Assignment. The answer must consist of each line below that holds the word "subst", copied as it stands.

Top of Data extracts

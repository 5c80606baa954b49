-- ===== src/Server/Seating/Comings.antt =====
-- A player who sits down, and one who leaves.
use mathlib.Core.Path.{subst}
use kierki.Prelude.{
  ℕ, suc, ◌-◌, true, Option, none, some, ◌≡◌, ◌≢◌, sym, ap, ◌∙◌, arith, ◌==◌, lookup, insert, erase,
  lookup-insert, lookup-erase, Bool-cases, inl, inr,
}
use kierki.Types.{Side, side_n, side_e, side_s, side_w, side_null, IsSeat, side_eq, update}
use kierki.IoWorkerMgr.{IoWorkerMgr, serving_unknown}
use kierki.Server.{Server}
use kierki.Server.Turns.{side_eq_sound, side_eq_self}
use kierki.Server.Seating.{occupied, IsKnown, IsSeated}
use kierki.Server.Seating.Keeping.{KeepsRoles}

occupied-update-some :
    (active : Side → Option ℕ) (s : Side) (ix : ℕ)
    → IsSeat s
    → active s ≡ none
    → occupied (update active s (some ix)) ≡ suc (occupied active)
occupied-update-some active side_n ix h e = rw e (omega arith)
occupied-update-some active side_e ix h e = rw e (omega arith)
occupied-update-some active side_s ix h e = rw e (omega arith)
occupied-update-some active side_w ix h e = rw e (omega arith)
occupied-update-some active side_null ix h e = absurd h

occupied-update-none :
    (active : Side → Option ℕ) (s : Side) (ix : ℕ)
    → IsSeat s
    → active s ≡ some ix
    → suc (occupied (update active s none)) ≡ occupied active
occupied-update-none active side_n ix h e = rw e (omega arith)
occupied-update-none active side_e ix h e = rw e (omega arith)
occupied-update-none active side_s ix h e = rw e (omega arith)
occupied-update-none active side_w ix h e = rw e (omega arith)
occupied-update-none active side_null ix h e = absurd h

-- The state after `seat_player` has given the seat away, with the manager that has set the role.
abbrev pub seated : Side → ℕ → IoWorkerMgr → Server → Server
seated side ix m st = record st {
  worker_mgr = m;
  active_sides = update st.active_sides side (some ix);
  worker_to_side = insert ix side st.worker_to_side;
  players_connected = suc st.players_connected;
}

-- A worker that nobody knows has no seat.
no_seat :
    (ix : ℕ) (s : Side) (st : Server)
    → IsSeated st
    → lookup ix st.worker_mgr.roles ≡ some serving_unknown
    → lookup ix st.worker_to_side ≢ some s
no_seat ix s st v unknown e =
    let (seat, active, (r, there, known)) = v.worker_seat ix s e in
    let same : some serving_unknown ≡ some r = sym unknown ∙ there in ground (arith, same, known)

module _ (side : Side) (ix : ℕ) (m : IoWorkerMgr) (st : Server) (v : IsSeated st)
    (seat : IsSeat side) (free : st.active_sides side ≡ none)
    (unknown : lookup ix st.worker_mgr.roles ≡ some serving_unknown)
    (keeps : KeepsRoles st.worker_mgr m) (known : IsKnown ix m) where
  seated_worker :
      (s : Side) (j : ℕ)
      → IsSeat s
      → update st.active_sides side (some ix) s ≡ some j
      → lookup j (insert ix side st.worker_to_side) ≡ some s
  seated_worker s j h e = elim (Bool-cases (side_eq side s)) [
    | inl same ↦
        let e' : some ix ≡ some j = rw same at e in
        let one : side ≡ s = side_eq_sound side s same in
        let here : (ix == j) ≡ true = ground arith in
        rw (lookup-insert ix j side st.worker_to_side, here) (ap some one)
    | inr other ↦
        let e' : st.active_sides s ≡ some j = rw other at e in
        let before = v.seat_worker s j h e' in
        elim (Bool-cases (ix == j)) [
          | inl same ↦
              let one : ix ≡ j = ground arith in absurd (no_seat ix s st v unknown (rw one before))
          | inr away ↦ rw (lookup-insert ix j side st.worker_to_side, away) before
        ]
  ]

  worker_seated :
      (j : ℕ) (s : Side)
      → lookup j (insert ix side st.worker_to_side) ≡ some s
      → IsSeat s × (update st.active_sides side (some ix) s ≡ some j) × IsKnown j m
  worker_seated j s e = elim (Bool-cases (ix == j)) [
    | inl same ↦
        let one : ix ≡ j = ground arith in
        let e' : some side ≡ some s = rw (lookup-insert ix j side st.worker_to_side, same) at e in
        let side_s : side ≡ s = ground arith in
        (
          subst IsSeat side_s seat,
          rw (← side_s, side_eq_self side) (ap some one),
          subst (λ i. IsKnown i m) one known,
        )
    | inr away ↦
        let e' : lookup j st.worker_to_side ≡ some s =
          rw (lookup-insert ix j side st.worker_to_side, away) at e in
        let (h, active, k) = v.worker_seat j s e' in
        elim (Bool-cases (side_eq side s)) [
          | inl same ↦
              let one : side ≡ s = side_eq_sound side s same in
              let both : none ≡ some j = sym free ∙ ap st.active_sides one ∙ active in cc
          | inr other ↦ (h, rw other active, keeps.still_known j k)
        ]
  ]

  pub seated-IsSeated : IsSeated (seated side ix m st)
  seated-IsSeated = record {
    seat_worker = seated_worker;
    worker_seat = worker_seated;
    counted = ap suc v.counted ∙ sym (occupied-update-some st.active_sides side ix seat free);
    numbered = λ j h. rw keeps.same_next (v.numbered j (sym (keeps.same_keys j) ∙ h));
  }

-- The state after `leave_seat` has freed the seat.
abbrev pub vacated : Side → ℕ → Server → Server
vacated s ix st = record st {
  players_connected = st.players_connected - 1;
  active_sides = update st.active_sides s none;
  zombie_worker_to_side = insert ix s st.zombie_worker_to_side;
  worker_to_side = erase ix st.worker_to_side;
}

module _ (side : Side) (ix : ℕ) (st : Server) (v : IsSeated st)
    (there : lookup ix st.worker_to_side ≡ some side) where
  vacated_worker :
      (s : Side) (j : ℕ)
      → IsSeat s
      → update st.active_sides side none s ≡ some j
      → lookup j (erase ix st.worker_to_side) ≡ some s
  vacated_worker s j h e = elim (Bool-cases (side_eq side s)) [
    | inl same ↦ let e' : none ≡ some j = rw same at e in cc
    | inr other ↦
        let e' : st.active_sides s ≡ some j = rw other at e in
        let before = v.seat_worker s j h e' in
        elim (Bool-cases (ix == j)) [
          | inl same ↦
              let one : ix ≡ j = ground arith in
              let both : some side ≡ some s =
                sym there ∙ ap (λ i. lookup i st.worker_to_side) one ∙ before in
              let one_side : side ≡ s = ground arith in
              let self : side_eq side s ≡ true = rw (← one_side) (side_eq_self side) in cc
          | inr away ↦ rw (lookup-erase ix j st.worker_to_side, away) before
        ]
  ]

  worker_vacated :
      (j : ℕ) (s : Side)
      → lookup j (erase ix st.worker_to_side) ≡ some s
      → IsSeat s × (update st.active_sides side none s ≡ some j) × IsKnown j st.worker_mgr
  worker_vacated j s e = elim (Bool-cases (ix == j)) [
    | inl same ↦ let e' : none ≡ some s = rw (lookup-erase ix j st.worker_to_side, same) at e in cc
    | inr away ↦
        let e' : lookup j st.worker_to_side ≡ some s =
          rw (lookup-erase ix j st.worker_to_side, away) at e in
        let (h, active, k) = v.worker_seat j s e' in
        elim (Bool-cases (side_eq side s)) [
          | inl same ↦
              let one : side ≡ s = side_eq_sound side s same in
              let (h', active', k') = v.worker_seat ix side there in
              let both : some ix ≡ some j = sym active' ∙ ap st.active_sides one ∙ active in
              let here : (ix == j) ≡ true = ground arith in cc
          | inr other ↦ (h, rw other active, k)
        ]
  ]

  pub vacated-IsSeated : IsSeated (vacated side ix st)
  vacated-IsSeated =
      let (h, active, k) = v.worker_seat ix side there in
      record {
        seat_worker = vacated_worker;
        worker_seat = worker_vacated;
        counted = omega (arith, v.counted, occupied-update-none st.active_sides side ix h active);
        numbered = v.numbered;
      }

Bottom of Data extracts

Result for this task.
use mathlib.Core.Path.{subst}
          subst IsSeat side_s seat,
          subst (λ i. IsKnown i m) one known,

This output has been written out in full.